-- ===== src/Messages/Sent.antt =====
-- What has been sent to Matrix of a message.
use Prim.Native.String
use matrix_bridge_discord.Prelude.{
  List, [], ◌∷◌, ◌++◌, String, true, false, Option, none, some, ◌≡◌, ◌⊎◌, arith, ok, is_nil, All,
}
use matrix_bridge_discord.Text.{is_empty}
use matrix_bridge_discord.MessageFlow.{OutboundMatrixMessage, render_body}
use matrix_bridge_discord.FromMatrix.Delivery.{Posted, Grown, Posted-Grown}
use matrix_bridge_discord.Rooms.Tasks.{
  Call, send_message_with_metadata, send_media_message, Outside, MediaInfo, World,
}
use matrix_bridge_discord.Messages.{msgtype_of}

-- A call that sends an event to the room as the sender.
abbrev pub SendsTo : String → String → Call → Type 0
SendsTo room sender (send_message_with_metadata r s _ _ _) = (r ≡ room) × (s ≡ sender)
SendsTo room sender (send_media_message r s _ _ _ _) = (r ≡ room) × (s ≡ sender)
SendsTo room sender _ = ⊥

-- What the attachment at an address becomes: the file that the download answered, under the address
-- that its upload answered, or a text that ends with the address; as a reply in both cases.
abbrev pub Carries :
    {S : Type 0} → Outside S → String → String → Option String → String → Call → Type 0
Carries outside room sender reply url c =
    ((media : MediaInfo) × (uri : String) × (log : List Call) × (log' : List Call) × (outside.media
          log url
        ≡ ok media)
      × (outside.uploaded log' media ≡ ok uri)
      × (c
          ≡ send_media_message room sender (msgtype_of media.content_type) media.filename uri
              reply))
    ⊎ ((label : String) × (c
          ≡ send_message_with_metadata room sender (String.◌++◌ label (String.◌++◌ ": " url)) reply
              none))

abbrev pub Says : String → String → String → OutboundMatrixMessage → Call → Type 0
Says room sender text outbound c =
    c ≡ send_message_with_metadata room sender text outbound.reply_to outbound.edit_of

-- Every attachment has been accepted, and so has the text: without attachments as `render_body`
-- gives it, with attachments the body itself, if it is not empty.
pub record Contents {S : Type 0} (outside : Outside S) (room sender : String)
    (outbound : OutboundMatrixMessage) (log : List Call) : Type 0 where
  pub attached :
      All
        (λ url. Posted outside (Carries outside room sender outbound.reply_to url) log)
        outbound.attachments
  pub said :
      ((is_nil outbound.attachments ≡ true)
        × Posted outside (Says room sender (render_body outbound) outbound) log)
      ⊎ ((is_nil outbound.attachments ≡ false)
          × ((is_empty outbound.body ≡ true)
              ⊎ Posted outside (Says room sender outbound.body outbound) log))

module _ {S : Type 0} (outside : Outside S) (room sender : String) (w : World S) where
  -- The event is what the last call got, which sent to the room, and the store is as before.
  pub record Sent (event : String) (w' : World S) : Type 0 where
    pub before : List Call
    pub last : Call
    pub at_end : w'.calls ≡ before ++ last ∷ []
    pub addressed : SendsTo room sender last
    pub answer : outside.sent before last ≡ ok event
    pub same_db : w'.db ≡ w.db

  abbrev pub SameDb : World S → Type 0
  SameDb w' = w'.db ≡ w.db

  -- What has been sent so far, if anything.
  abbrev pub SentMaybe : Option String → World S → Type 0
  SentMaybe none w' = SameDb w'
  SentMaybe (some event) w' = Sent event w'

  pub SentMaybe-SameDb : (last : Option String) (w' : World S) → SentMaybe last w' → SameDb w'
  SentMaybe-SameDb none w' h = h
  SentMaybe-SameDb (some event) w' h = h.same_db

pub All-Posted-later :
    {S : Type 0} (outside : Outside S) (described : String → Call → Type 0) (urls : List String)
    (w w' : World S)
    → Grown w w'
    → All (λ url. Posted outside (described url) w.calls) urls
    → All (λ url. Posted outside (described url) w'.calls) urls
All-Posted-later outside described [] w w' g h = tt
All-Posted-later outside described (url ∷ urls) w w' g (h, hs) = (
  Posted-Grown outside (described url) w w' g h,
  All-Posted-later outside described urls w w' g hs,
)

pub All-is_nil : (P : String → Type 0) (urls : List String) → is_nil urls ≡ true → All P urls
All-is_nil P [] e = tt
All-is_nil P (url ∷ urls) e = ground arith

▶ AIM OF THE EXERCISE: The records above are to be set down again exactly as written.

▶ THE ANSWER:
-- ===== src/Messages/Sent.antt =====
-- What has been sent to Matrix of a message.
use Prim.Native.String
use matrix_bridge_discord.Prelude.{
  List, [], ◌∷◌, ◌++◌, String, true, false, Option, none, some, ◌≡◌, ◌⊎◌, arith, ok, is_nil, All,
}
use matrix_bridge_discord.Text.{is_empty}
use matrix_bridge_discord.MessageFlow.{OutboundMatrixMessage, render_body}
use matrix_bridge_discord.FromMatrix.Delivery.{Posted, Grown, Posted-Grown}
use matrix_bridge_discord.Rooms.Tasks.{
  Call, send_message_with_metadata, send_media_message, Outside, MediaInfo, World,
}
use matrix_bridge_discord.Messages.{msgtype_of}

-- A call that sends an event to the room as the sender.
abbrev pub SendsTo : String → String → Call → Type 0
SendsTo room sender (send_message_with_metadata r s _ _ _) = (r ≡ room) × (s ≡ sender)
SendsTo room sender (send_media_message r s _ _ _ _) = (r ≡ room) × (s ≡ sender)
SendsTo room sender _ = ⊥

-- What the attachment at an address becomes: the file that the download answered, under the address
-- that its upload answered, or a text that ends with the address; as a reply in both cases.
abbrev pub Carries :
    {S : Type 0} → Outside S → String → String → Option String → String → Call → Type 0
Carries outside room sender reply url c =
    ((media : MediaInfo) × (uri : String) × (log : List Call) × (log' : List Call) × (outside.media
          log url
        ≡ ok media)
      × (outside.uploaded log' media ≡ ok uri)
      × (c
          ≡ send_media_message room sender (msgtype_of media.content_type) media.filename uri
              reply))
    ⊎ ((label : String) × (c
          ≡ send_message_with_metadata room sender (String.◌++◌ label (String.◌++◌ ": " url)) reply
              none))

abbrev pub Says : String → String → String → OutboundMatrixMessage → Call → Type 0
Says room sender text outbound c =
    c ≡ send_message_with_metadata room sender text outbound.reply_to outbound.edit_of

-- Every attachment has been accepted, and so has the text: without attachments as `render_body`
-- gives it, with attachments the body itself, if it is not empty.
pub record Contents {S : Type 0} (outside : Outside S) (room sender : String)
    (outbound : OutboundMatrixMessage) (log : List Call) : Type 0 where
  pub attached :
      All
        (λ url. Posted outside (Carries outside room sender outbound.reply_to url) log)
        outbound.attachments
  pub said :
      ((is_nil outbound.attachments ≡ true)
        × Posted outside (Says room sender (render_body outbound) outbound) log)
      ⊎ ((is_nil outbound.attachments ≡ false)
          × ((is_empty outbound.body ≡ true)
              ⊎ Posted outside (Says room sender outbound.body outbound) log))

module _ {S : Type 0} (outside : Outside S) (room sender : String) (w : World S) where
  -- The event is what the last call got, which sent to the room, and the store is as before.
  pub record Sent (event : String) (w' : World S) : Type 0 where
    pub before : List Call
    pub last : Call
    pub at_end : w'.calls ≡ before ++ last ∷ []
    pub addressed : SendsTo room sender last
    pub answer : outside.sent before last ≡ ok event
    pub same_db : w'.db ≡ w.db

  abbrev pub SameDb : World S → Type 0
  SameDb w' = w'.db ≡ w.db

  -- What has been sent so far, if anything.
  abbrev pub SentMaybe : Option String → World S → Type 0
  SentMaybe none w' = SameDb w'
  SentMaybe (some event) w' = Sent event w'

  pub SentMaybe-SameDb : (last : Option String) (w' : World S) → SentMaybe last w' → SameDb w'
  SentMaybe-SameDb none w' h = h
  SentMaybe-SameDb (some event) w' h = h.same_db

pub All-Posted-later :
    {S : Type 0} (outside : Outside S) (described : String → Call → Type 0) (urls : List String)
    (w w' : World S)
    → Grown w w'
    → All (λ url. Posted outside (described url) w.calls) urls
    → All (λ url. Posted outside (described url) w'.calls) urls
All-Posted-later outside described [] w w' g h = tt
All-Posted-later outside described (url ∷ urls) w w' g (h, hs) = (
  Posted-Grown outside (described url) w w' g h,
  All-Posted-later outside described urls w w' g hs,
)

pub All-is_nil : (P : String → Type 0) (urls : List String) → is_nil urls ≡ true → All P urls
All-is_nil P [] e = tt
All-is_nil P (url ∷ urls) e = ground arith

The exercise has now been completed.